All notes
Ocr

Basics

Best OCR results depend on various factors, the most important being font and size used for OCR. Best font size for OCR is 10 to 12 points. Use of smaller font size has led to bad OCR. Font sizes greater than 72 are considered images, and thus should be avoided.

Using very large font sizes like 24 and higher don’t add any reliabiltiy, they just take more space.

Other noted factors are color, contrast, brightness, and density of content. Usually dark, bold letters on a light background and vice versa yield good results. The textual content should be ideally placed, with good spacing between words and sentences. If the source file contains Asian languages, it is recommended to scan with 300 dpi for accurate results.

Fonts

Tahoma is present on any Windows system and the main reason that this font works so well is that there is enough difference between look-a-like characters which make the OCR engine interpret each character correctly even without any context.

The popular Arial font for example does not show any difference between an l (lowercase L) and an I (uppercase i) which does not make it a good candidate for OCR.

OCR A and OCR B

OCR-A uses simple, thick strokes to form recognizable characters. E.g. 0 and o is well distinguishable. Although OCR algo advancement makes such simple fonts no longer necessary, its usage remains widespread in the encoding of cheques around the world. Some lockbox companies still insist that the account number and amount owed on a bill return form be printed in OCR-A.[13] Also, because of its unusual look, it is sometimes used in advertising and display graphics.

OCR B font is an upgraded version of OCR A. It is easier for the human eye and brain to read and it has a less technical look.

Concepts

MICR

It is used mainly by the banking industry to ease the processing and clearance of cheques and other documents.

Unlike barcodes and similar technologies, MICR characters can be read easily by humans.

There are two major MICR fonts in use: E-13B and CMC-7. The MICR E-13B font has been adopted as the international standard in ISO 1004:1995, but the CMC-7 font is widely used in Europe, Brazil and Mexico.
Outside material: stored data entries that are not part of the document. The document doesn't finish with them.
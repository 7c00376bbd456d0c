-- ===== src/Filtering/Trie/Removed.antt =====
-- Remove, by the marks: the nodes that it deletes had none.
use hydra_dns.Base.{
  ◌≡◌, inl, inr, refl, sym, ◌∙◌, arith, [], ◌∷◌, List, Bool, true, false, ◌&&◌, if◌then◌else◌,
  Option, none, some, Bytes, bytes_eq, bytes_eq_iff, Bool-cases, Option-cases,
}
use hydra_dns.Filtering.Trie.{
  Children, nil, child, TrieNode, get_child, put_child, delete_child, is_orphan, remove_labels,
}
use hydra_dns.Filtering.Trie.Marks.{
  no_marks, marks_at, below_marks, paths_eq, IsTree, get_child-delete_child, marks_at-cons,
  marks_at_put,
}
use hydra_dns.Filtering.Trie.Shape.{IsTree-put_child, IsTree-delete_child, IsTree-get_child}

orphan_parts :
    (cs : Children) (e w : Bool) (p : List Bytes)
    → is_orphan (record { children = cs; is_end = e; is_wild = w }) ≡ true
    → marks_at p (record { children = cs; is_end = e; is_wild = w }) ≡ no_marks
unfolding is_orphan marks_at get_child
orphan_parts nil false false [] h = refl
orphan_parts nil false false (l ∷ ls) h = refl
orphan_parts nil false true p h = cc
orphan_parts nil true w p h = cc
orphan_parts (child k cs e' w' rest) e w p h = cc

orphan_marks : (n : TrieNode) (p : List Bytes) → is_orphan n ≡ true → marks_at p n ≡ no_marks
orphan_marks n p h = orphan_parts n.children n.is_end n.is_wild p h

-- What Remove does below a node.
unfoldable pub Removes : List Bytes → TrieNode → Option (TrieNode × Bool) → Type 0
Removes q n none = (marks_at q n).0 ≡ false
Removes q n (some (n', going)) =
    ((marks_at q n).0 ≡ true)
    × IsTree n'.children
    × ((p : List Bytes) → marks_at p n' ≡ (if paths_eq q p then no_marks else marks_at p n))

module _ (l : Bytes) (ls : List Bytes) (n b b' : TrieNode) (going : Bool)
    (there : get_child l n.children ≡ some b) (tree : IsTree n.children)
    (removed : Removes ls b (some (b', going))) where
  -- The end mark, seen from the node above.
  marked_above : (marks_at (l ∷ ls) n).0 ≡ true
  unfolding below_marks Removes
  marked_above = rw (marks_at-cons l ls n, there) removed.0

  through :
      (ps : List Bytes)
      → marks_at ps b' ≡ (if paths_eq ls ps then no_marks else marks_at (l ∷ ps) n)
  unfolding below_marks Removes
  through ps = rw (marks_at-cons l ps n, there) (removed.2 ps)

  replaced_marks :
      (p : List Bytes)
      → marks_at p (record n { children = put_child l b' n.children })
        ≡ (if paths_eq (l ∷ ls) p then no_marks else marks_at p n)
  unfolding paths_eq
  replaced_marks [] = unfold marks_at in refl
  replaced_marks (x ∷ ps) = marks_at_put l x ps b' n ∙ elim (Bool-cases (bytes_eq l x)) [
    | inl s ↦ rw (s, ← (bytes_eq_iff l x).0 s) (through ps)
    | inr s ↦ rw s refl
  ]

  pub replaced :
      Removes (l ∷ ls) n (some (record n { children = put_child l b' n.children }, false))
  unfolding Removes
  replaced = (marked_above, IsTree-put_child l b' n.children tree removed.1, replaced_marks)

  deleted_marks :
      is_orphan b' ≡ true
      → (p : List Bytes)
      → marks_at p (record n { children = delete_child l n.children })
        ≡ (if paths_eq (l ∷ ls) p then no_marks else marks_at p n)
  unfolding paths_eq below_marks
  deleted_marks orphan [] = unfold marks_at in refl
  deleted_marks orphan (x ∷ ps) =
      marks_at-cons x ps (record n { children = delete_child l n.children })
      ∙ rw (get_child-delete_child x l n.children tree) (elim (Bool-cases (bytes_eq l x)) [
        | inl s ↦
            let gone = sym (orphan_marks b' ps orphan) ∙ through ps in
            rw (s, ← (bytes_eq_iff l x).0 s) gone
        | inr s ↦ rw s (sym (marks_at-cons x ps n))
      ])

  pub deleted :
      is_orphan b' ≡ true
      → Removes (l ∷ ls) n (some (record n { children = delete_child l n.children }, true))
  unfolding Removes
  deleted orphan = (marked_above, IsTree-delete_child l n.children tree, deleted_marks orphan)

not_marked_above :
    (l : Bytes) (ls : List Bytes) (n b : TrieNode)
    → get_child l n.children ≡ some b
    → Removes ls b none
    → Removes (l ∷ ls) n none
unfolding Removes below_marks
not_marked_above l ls n b there h = rw (marks_at-cons l ls n, there) h

no_child_above :
    (l : Bytes) (ls : List Bytes) (n : TrieNode)
    → get_child l n.children ≡ none
    → Removes (l ∷ ls) n none
unfolding Removes below_marks
no_child_above l ls n e = rw (marks_at-cons l ls n, e) refl

end_removed :
    (n : TrieNode) (p : List Bytes)
    → marks_at p (record n { is_end = false; is_wild = false })
      ≡ (if paths_eq [] p then no_marks else marks_at p n)
unfolding paths_eq marks_at
end_removed n [] = refl
end_removed n (x ∷ ps) = refl

Removes-here : (n : TrieNode) → IsTree n.children → Removes [] n (remove_labels [] n)
unfolding Removes remove_labels marks_at
Removes-here n h = elim (Bool-cases n.is_end) [
  | inl e ↦ rw (Removes, remove_labels, e) (e, h, end_removed n)
  | inr e ↦ rw (Removes, remove_labels, e) e
]

-- Remove answers whether its path had an end mark, and then takes the marks of that path and no
-- others.
pub Removes-remove_labels :
    (q : List Bytes) (n : TrieNode) → IsTree n.children → Removes q n (remove_labels q n)
unfolding remove_labels
Removes-remove_labels [] n h = Removes-here n h
Removes-remove_labels (l ∷ ls) n h = elim (Option-cases (get_child l n.children)) [
  | inl e ↦ rw (remove_labels, e) (no_child_above l ls n e)
  | inr (b, e) ↦
      let ih = Removes-remove_labels ls b (IsTree-get_child l n.children b h e) in
      elim (Option-cases (remove_labels ls b)) [
        | inl e' ↦ rw (remove_labels, e, e') (not_marked_above l ls n b e (rw e' at ih))
        | inr ((b', going), e') ↦
            let removed : Removes ls b (some (b', going)) = rw e' at ih in
            elim (Bool-cases (going && is_orphan b')) [
              | inl gone ↦
                  rw (remove_labels, e, e', gone)
                    (deleted l ls n b b' going e h removed (ground (arith, gone)))
              | inr stays ↦
                  rw (remove_labels, e, e', stays) (replaced l ls n b b' going e h removed)
            ]
      ]
]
CMC-7 consists of 10 digits and 5 more control characters: internal, terminator, amount, routing, and an unused character.

These have been added to UNICODE.

The ink used in the printing is a magnetic ink or toner, usually containing iron oxide. The ink in the plane of the paper is first magnetized. Then the characters are passed over a MICR read head, a device similar to the playback head of a tape recorder.

The error rate for the magnetic scanning of a typical cheque is smaller than with optical character recognition systems.

Others

MOR: Multi-Lingual Omnifont Recognition.

accusoft.com: OmniMOR.

FAQ

Which type is preferred: color or grayscale?

ABBYY Technologies use color information for detecting areas and objects on the image. So, if complex layouts have to be processed, it is recommend to use color or at least, grayscale images.

The character recognition is always executed on a bitonal image that contains only black & white.

In the most cases, using the grayscale mode during document scanning is the most optimal to achieve the best recognition and time-consuming results.

wcfNote: so in the phase of char recognition, the input is only bi-tonal, which means, the conventional way is always to extract the structure from the gray/color image input, and focus on the structure/topology instead of the intensity pattern in the char recognition phase. 在最后的文字分类阶段,输入都是双值图,因为这个时候只看重拓扑结构;灰度信息在二值化的时候就充分利用用来转化成为结构。

Why 300 DPI is a gold standard

ScanSnapCommunity.com: why is OCR at 300 DPI a standard.

Most leading OCR and Automated Forms Processing software companies recommend scanning at a minimum resolution of 300 dots per inch for effective data extraction.

Some people think you can scan at a lower dpi, such as 200 dpi, and then use scanner software to increase the resolution through interpolation. However, interpolation doesn’t actually provide a meaningful benefit for OCR. Your image always loses some clarity and quality. You’re better off just scanning your document at 300 dpi to begin with.

So to answer this question quite simply, higher resolution scanning equates to improved automated OCR accuracy.